What is being asked: Repeat exactly the lines of the entries below from the one with "last_where-snoc p r [] h = rw h refl" through the one with "unfolding is_current is_logical", both ends included, and nothing else.
___ Data to process
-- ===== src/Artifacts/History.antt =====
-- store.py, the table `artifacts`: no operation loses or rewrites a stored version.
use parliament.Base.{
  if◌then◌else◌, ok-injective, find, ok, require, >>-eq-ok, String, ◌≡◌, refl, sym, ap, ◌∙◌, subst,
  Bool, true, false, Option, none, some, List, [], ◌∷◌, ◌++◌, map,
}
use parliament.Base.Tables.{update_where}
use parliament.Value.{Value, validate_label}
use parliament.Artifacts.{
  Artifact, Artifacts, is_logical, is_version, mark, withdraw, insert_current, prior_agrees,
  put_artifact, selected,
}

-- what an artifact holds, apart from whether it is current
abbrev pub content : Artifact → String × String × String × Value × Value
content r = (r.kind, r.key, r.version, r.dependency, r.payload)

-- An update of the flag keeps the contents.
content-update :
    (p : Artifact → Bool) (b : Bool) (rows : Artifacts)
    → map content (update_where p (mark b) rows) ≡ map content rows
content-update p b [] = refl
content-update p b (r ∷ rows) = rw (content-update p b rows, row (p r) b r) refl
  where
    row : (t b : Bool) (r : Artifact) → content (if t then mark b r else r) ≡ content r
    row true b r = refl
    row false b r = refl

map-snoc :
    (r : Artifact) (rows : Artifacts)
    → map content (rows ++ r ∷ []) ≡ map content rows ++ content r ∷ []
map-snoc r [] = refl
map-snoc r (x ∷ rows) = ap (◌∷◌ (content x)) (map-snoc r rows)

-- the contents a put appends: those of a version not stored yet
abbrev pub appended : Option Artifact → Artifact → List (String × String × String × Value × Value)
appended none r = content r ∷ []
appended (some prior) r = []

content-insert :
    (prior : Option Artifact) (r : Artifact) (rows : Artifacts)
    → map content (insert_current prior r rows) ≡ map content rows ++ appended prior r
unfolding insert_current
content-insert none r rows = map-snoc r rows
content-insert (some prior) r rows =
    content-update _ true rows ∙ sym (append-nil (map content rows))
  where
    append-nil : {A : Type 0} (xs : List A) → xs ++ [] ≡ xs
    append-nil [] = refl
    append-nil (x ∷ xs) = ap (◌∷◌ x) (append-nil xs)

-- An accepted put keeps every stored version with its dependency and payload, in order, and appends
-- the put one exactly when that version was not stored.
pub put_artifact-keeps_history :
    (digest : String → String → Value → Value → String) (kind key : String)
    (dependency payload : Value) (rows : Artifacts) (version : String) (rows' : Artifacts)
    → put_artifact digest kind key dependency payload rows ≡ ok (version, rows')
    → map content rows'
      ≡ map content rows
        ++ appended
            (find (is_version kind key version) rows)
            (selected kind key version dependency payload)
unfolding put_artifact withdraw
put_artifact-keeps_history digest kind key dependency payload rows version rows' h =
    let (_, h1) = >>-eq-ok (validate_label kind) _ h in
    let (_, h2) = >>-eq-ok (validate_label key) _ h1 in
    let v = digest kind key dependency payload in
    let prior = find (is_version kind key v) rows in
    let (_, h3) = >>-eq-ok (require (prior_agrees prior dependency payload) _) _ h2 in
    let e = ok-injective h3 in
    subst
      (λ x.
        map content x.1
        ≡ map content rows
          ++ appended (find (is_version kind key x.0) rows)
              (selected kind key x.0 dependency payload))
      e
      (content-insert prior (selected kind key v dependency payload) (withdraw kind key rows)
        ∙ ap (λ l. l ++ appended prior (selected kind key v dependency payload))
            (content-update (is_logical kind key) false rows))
______
___ Data to process
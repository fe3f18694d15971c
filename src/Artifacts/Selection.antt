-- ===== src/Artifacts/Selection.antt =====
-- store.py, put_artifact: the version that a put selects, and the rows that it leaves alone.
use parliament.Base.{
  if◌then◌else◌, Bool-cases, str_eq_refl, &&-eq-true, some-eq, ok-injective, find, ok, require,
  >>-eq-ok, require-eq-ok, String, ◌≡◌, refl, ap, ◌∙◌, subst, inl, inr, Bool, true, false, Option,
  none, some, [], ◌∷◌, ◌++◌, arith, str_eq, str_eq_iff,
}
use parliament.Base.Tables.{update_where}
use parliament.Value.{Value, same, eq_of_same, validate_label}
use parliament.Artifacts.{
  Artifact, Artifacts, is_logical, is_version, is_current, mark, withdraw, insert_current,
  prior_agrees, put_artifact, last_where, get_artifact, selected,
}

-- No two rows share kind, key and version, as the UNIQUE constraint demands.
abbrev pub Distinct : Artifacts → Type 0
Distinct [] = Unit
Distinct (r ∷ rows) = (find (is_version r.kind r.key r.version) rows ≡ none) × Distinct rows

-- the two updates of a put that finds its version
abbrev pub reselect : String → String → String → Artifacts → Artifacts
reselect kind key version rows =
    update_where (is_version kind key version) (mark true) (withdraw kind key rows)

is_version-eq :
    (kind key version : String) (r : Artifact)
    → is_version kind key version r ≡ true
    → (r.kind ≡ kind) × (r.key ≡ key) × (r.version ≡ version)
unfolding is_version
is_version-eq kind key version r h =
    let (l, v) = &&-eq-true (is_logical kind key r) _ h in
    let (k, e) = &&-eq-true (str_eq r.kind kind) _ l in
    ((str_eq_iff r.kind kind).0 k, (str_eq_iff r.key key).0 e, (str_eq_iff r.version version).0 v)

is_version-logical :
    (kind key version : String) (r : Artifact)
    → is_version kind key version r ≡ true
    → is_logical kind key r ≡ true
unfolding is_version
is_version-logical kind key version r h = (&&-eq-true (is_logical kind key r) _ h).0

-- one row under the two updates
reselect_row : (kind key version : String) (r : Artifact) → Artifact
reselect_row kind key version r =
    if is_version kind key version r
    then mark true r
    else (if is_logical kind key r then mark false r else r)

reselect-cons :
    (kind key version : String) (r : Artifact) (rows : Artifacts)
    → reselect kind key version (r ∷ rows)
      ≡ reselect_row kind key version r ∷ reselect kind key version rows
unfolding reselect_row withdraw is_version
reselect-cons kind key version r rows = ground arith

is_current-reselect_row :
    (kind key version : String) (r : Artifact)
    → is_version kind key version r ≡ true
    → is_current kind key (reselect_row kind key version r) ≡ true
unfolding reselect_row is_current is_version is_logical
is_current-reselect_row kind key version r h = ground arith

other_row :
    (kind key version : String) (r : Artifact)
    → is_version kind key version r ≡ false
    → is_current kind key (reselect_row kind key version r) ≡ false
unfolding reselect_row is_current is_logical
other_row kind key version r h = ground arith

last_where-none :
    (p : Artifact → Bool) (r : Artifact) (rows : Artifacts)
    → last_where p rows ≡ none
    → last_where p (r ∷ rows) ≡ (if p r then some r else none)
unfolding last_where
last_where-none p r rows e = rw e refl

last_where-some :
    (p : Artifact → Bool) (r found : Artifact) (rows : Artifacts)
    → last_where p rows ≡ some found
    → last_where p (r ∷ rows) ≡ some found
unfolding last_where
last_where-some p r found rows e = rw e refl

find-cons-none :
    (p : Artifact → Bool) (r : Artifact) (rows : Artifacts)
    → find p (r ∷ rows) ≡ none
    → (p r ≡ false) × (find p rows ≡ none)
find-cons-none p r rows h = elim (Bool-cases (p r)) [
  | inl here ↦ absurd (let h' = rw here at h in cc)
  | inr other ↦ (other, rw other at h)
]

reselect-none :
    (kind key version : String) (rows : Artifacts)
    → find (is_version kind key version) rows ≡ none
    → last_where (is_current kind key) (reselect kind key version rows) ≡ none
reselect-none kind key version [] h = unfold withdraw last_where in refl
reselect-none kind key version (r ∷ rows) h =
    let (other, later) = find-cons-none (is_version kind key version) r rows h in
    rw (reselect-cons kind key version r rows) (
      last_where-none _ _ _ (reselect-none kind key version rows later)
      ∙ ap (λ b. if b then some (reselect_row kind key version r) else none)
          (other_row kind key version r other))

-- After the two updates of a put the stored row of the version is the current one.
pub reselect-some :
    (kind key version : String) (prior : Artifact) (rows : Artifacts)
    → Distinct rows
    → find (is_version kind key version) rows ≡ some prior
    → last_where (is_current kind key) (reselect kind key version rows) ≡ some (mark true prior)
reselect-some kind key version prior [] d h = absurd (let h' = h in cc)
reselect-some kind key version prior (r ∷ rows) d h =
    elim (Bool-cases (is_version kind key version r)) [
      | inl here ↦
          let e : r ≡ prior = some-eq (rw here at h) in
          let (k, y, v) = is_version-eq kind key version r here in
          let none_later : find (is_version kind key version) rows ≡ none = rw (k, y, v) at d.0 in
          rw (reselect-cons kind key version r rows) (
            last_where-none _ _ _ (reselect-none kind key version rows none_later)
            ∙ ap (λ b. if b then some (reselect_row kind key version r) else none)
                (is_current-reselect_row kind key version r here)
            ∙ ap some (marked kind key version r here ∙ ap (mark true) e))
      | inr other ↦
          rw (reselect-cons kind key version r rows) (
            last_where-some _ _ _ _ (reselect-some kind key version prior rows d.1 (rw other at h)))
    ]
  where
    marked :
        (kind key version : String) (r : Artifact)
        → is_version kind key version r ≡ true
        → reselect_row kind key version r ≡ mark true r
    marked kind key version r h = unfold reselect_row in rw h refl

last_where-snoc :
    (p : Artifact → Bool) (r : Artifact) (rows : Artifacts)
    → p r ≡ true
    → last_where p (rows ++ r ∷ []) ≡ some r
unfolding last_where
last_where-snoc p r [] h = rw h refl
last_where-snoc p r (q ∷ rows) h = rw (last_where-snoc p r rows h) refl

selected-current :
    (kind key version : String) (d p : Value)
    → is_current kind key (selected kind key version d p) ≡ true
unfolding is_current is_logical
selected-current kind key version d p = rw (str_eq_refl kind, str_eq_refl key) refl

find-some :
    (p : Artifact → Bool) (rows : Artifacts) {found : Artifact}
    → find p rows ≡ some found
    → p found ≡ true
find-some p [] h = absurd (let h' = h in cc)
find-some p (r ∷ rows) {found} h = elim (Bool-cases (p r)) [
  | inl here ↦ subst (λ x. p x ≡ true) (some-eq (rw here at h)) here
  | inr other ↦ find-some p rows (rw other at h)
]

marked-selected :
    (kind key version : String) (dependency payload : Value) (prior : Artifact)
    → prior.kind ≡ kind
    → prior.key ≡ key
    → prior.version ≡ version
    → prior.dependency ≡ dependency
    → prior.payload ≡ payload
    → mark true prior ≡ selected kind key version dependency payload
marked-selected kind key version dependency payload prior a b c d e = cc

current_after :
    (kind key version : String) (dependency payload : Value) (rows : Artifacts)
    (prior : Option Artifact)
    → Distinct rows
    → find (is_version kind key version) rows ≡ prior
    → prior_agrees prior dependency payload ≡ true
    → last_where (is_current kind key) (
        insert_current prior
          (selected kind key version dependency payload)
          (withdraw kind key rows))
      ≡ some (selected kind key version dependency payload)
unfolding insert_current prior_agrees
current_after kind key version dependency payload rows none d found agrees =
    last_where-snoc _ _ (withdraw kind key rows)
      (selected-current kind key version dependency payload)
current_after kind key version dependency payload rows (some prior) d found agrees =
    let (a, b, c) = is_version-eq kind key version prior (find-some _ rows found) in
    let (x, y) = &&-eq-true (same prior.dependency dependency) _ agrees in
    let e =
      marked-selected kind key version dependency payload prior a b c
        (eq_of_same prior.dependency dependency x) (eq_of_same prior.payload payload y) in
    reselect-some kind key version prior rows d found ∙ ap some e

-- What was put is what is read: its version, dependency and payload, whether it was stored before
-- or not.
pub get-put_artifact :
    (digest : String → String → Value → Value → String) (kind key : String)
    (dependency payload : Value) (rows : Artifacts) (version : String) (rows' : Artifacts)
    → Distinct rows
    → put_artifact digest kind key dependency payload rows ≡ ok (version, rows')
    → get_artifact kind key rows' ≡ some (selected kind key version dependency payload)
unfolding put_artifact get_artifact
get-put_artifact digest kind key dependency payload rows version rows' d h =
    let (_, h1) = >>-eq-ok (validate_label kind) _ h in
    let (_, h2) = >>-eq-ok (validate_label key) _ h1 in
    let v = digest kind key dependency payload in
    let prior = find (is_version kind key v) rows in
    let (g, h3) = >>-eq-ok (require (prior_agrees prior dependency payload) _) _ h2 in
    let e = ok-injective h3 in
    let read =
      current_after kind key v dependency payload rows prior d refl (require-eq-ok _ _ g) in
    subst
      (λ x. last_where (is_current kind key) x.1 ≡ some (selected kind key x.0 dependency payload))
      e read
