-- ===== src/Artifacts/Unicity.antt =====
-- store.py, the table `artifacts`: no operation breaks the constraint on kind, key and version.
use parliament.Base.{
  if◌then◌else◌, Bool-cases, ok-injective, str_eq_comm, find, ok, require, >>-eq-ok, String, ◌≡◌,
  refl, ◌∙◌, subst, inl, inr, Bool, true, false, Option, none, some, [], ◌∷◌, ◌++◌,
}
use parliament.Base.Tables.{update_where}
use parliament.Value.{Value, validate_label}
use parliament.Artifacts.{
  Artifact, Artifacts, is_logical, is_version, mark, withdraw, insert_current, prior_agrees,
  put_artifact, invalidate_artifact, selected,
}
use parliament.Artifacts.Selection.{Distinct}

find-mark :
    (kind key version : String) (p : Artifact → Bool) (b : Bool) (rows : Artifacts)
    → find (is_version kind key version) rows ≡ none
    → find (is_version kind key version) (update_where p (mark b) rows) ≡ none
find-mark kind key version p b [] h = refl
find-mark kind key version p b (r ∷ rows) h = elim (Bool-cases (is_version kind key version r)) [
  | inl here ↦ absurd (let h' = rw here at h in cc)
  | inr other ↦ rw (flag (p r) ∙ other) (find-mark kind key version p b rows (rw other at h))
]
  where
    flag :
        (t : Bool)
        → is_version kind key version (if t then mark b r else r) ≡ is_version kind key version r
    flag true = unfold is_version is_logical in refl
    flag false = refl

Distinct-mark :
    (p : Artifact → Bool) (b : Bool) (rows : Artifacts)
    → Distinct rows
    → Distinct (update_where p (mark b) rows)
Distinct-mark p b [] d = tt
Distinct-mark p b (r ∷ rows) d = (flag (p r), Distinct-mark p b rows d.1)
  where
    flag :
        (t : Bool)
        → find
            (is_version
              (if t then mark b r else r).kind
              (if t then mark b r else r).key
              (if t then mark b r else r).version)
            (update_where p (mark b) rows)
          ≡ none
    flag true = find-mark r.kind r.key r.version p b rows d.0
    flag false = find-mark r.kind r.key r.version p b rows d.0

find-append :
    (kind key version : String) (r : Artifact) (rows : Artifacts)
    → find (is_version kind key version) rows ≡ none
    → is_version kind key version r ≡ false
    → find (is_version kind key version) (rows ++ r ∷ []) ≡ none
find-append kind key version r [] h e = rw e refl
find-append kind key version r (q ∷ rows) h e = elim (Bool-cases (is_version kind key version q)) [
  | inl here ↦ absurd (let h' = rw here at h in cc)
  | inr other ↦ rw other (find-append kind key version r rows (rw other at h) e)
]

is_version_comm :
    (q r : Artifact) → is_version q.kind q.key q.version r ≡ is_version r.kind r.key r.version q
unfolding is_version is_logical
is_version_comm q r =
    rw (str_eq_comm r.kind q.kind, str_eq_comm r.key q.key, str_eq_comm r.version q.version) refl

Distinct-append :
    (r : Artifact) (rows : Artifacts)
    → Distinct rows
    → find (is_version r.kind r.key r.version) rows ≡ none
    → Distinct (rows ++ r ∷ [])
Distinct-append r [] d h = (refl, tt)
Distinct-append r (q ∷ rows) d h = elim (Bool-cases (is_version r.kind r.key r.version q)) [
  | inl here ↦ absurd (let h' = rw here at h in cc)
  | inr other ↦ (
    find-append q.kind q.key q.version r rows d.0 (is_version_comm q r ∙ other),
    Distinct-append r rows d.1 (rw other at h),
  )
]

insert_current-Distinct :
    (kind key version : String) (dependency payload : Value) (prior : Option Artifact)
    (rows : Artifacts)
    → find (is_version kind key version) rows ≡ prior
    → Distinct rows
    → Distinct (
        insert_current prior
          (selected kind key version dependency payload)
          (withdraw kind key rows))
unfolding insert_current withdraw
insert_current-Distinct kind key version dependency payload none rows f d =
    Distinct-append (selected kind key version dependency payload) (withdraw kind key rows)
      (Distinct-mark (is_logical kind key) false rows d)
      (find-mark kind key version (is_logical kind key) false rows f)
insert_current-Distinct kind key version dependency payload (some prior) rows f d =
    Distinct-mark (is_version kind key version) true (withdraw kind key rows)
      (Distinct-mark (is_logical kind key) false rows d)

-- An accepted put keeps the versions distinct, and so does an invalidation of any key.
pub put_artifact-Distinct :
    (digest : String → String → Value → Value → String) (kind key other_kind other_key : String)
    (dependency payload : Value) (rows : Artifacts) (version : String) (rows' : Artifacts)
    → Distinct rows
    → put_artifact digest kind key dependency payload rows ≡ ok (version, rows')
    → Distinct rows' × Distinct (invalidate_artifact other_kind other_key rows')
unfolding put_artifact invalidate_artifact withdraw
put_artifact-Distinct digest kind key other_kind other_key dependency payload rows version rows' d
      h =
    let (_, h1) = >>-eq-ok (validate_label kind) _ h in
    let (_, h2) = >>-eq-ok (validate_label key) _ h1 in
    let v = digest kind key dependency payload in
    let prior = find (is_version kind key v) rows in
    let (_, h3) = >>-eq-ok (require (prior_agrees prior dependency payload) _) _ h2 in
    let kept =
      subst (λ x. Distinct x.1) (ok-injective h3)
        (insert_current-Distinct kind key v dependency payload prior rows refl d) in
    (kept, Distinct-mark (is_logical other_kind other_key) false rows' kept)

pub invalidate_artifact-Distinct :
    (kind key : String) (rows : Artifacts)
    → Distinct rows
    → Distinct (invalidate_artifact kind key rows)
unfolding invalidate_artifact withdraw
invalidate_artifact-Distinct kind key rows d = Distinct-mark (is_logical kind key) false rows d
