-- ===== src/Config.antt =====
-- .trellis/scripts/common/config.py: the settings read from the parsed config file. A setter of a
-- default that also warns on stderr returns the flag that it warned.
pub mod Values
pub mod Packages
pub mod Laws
______
Solution to this problem:
last_where-snoc p r [] h = rw h refl
last_where-snoc p r (q ∷ rows) h = rw (last_where-snoc p r rows h) refl

selected-current :
    (kind key version : String) (d p : Value)
    → is_current kind key (selected kind key version d p) ≡ true
unfolding is_current is_logical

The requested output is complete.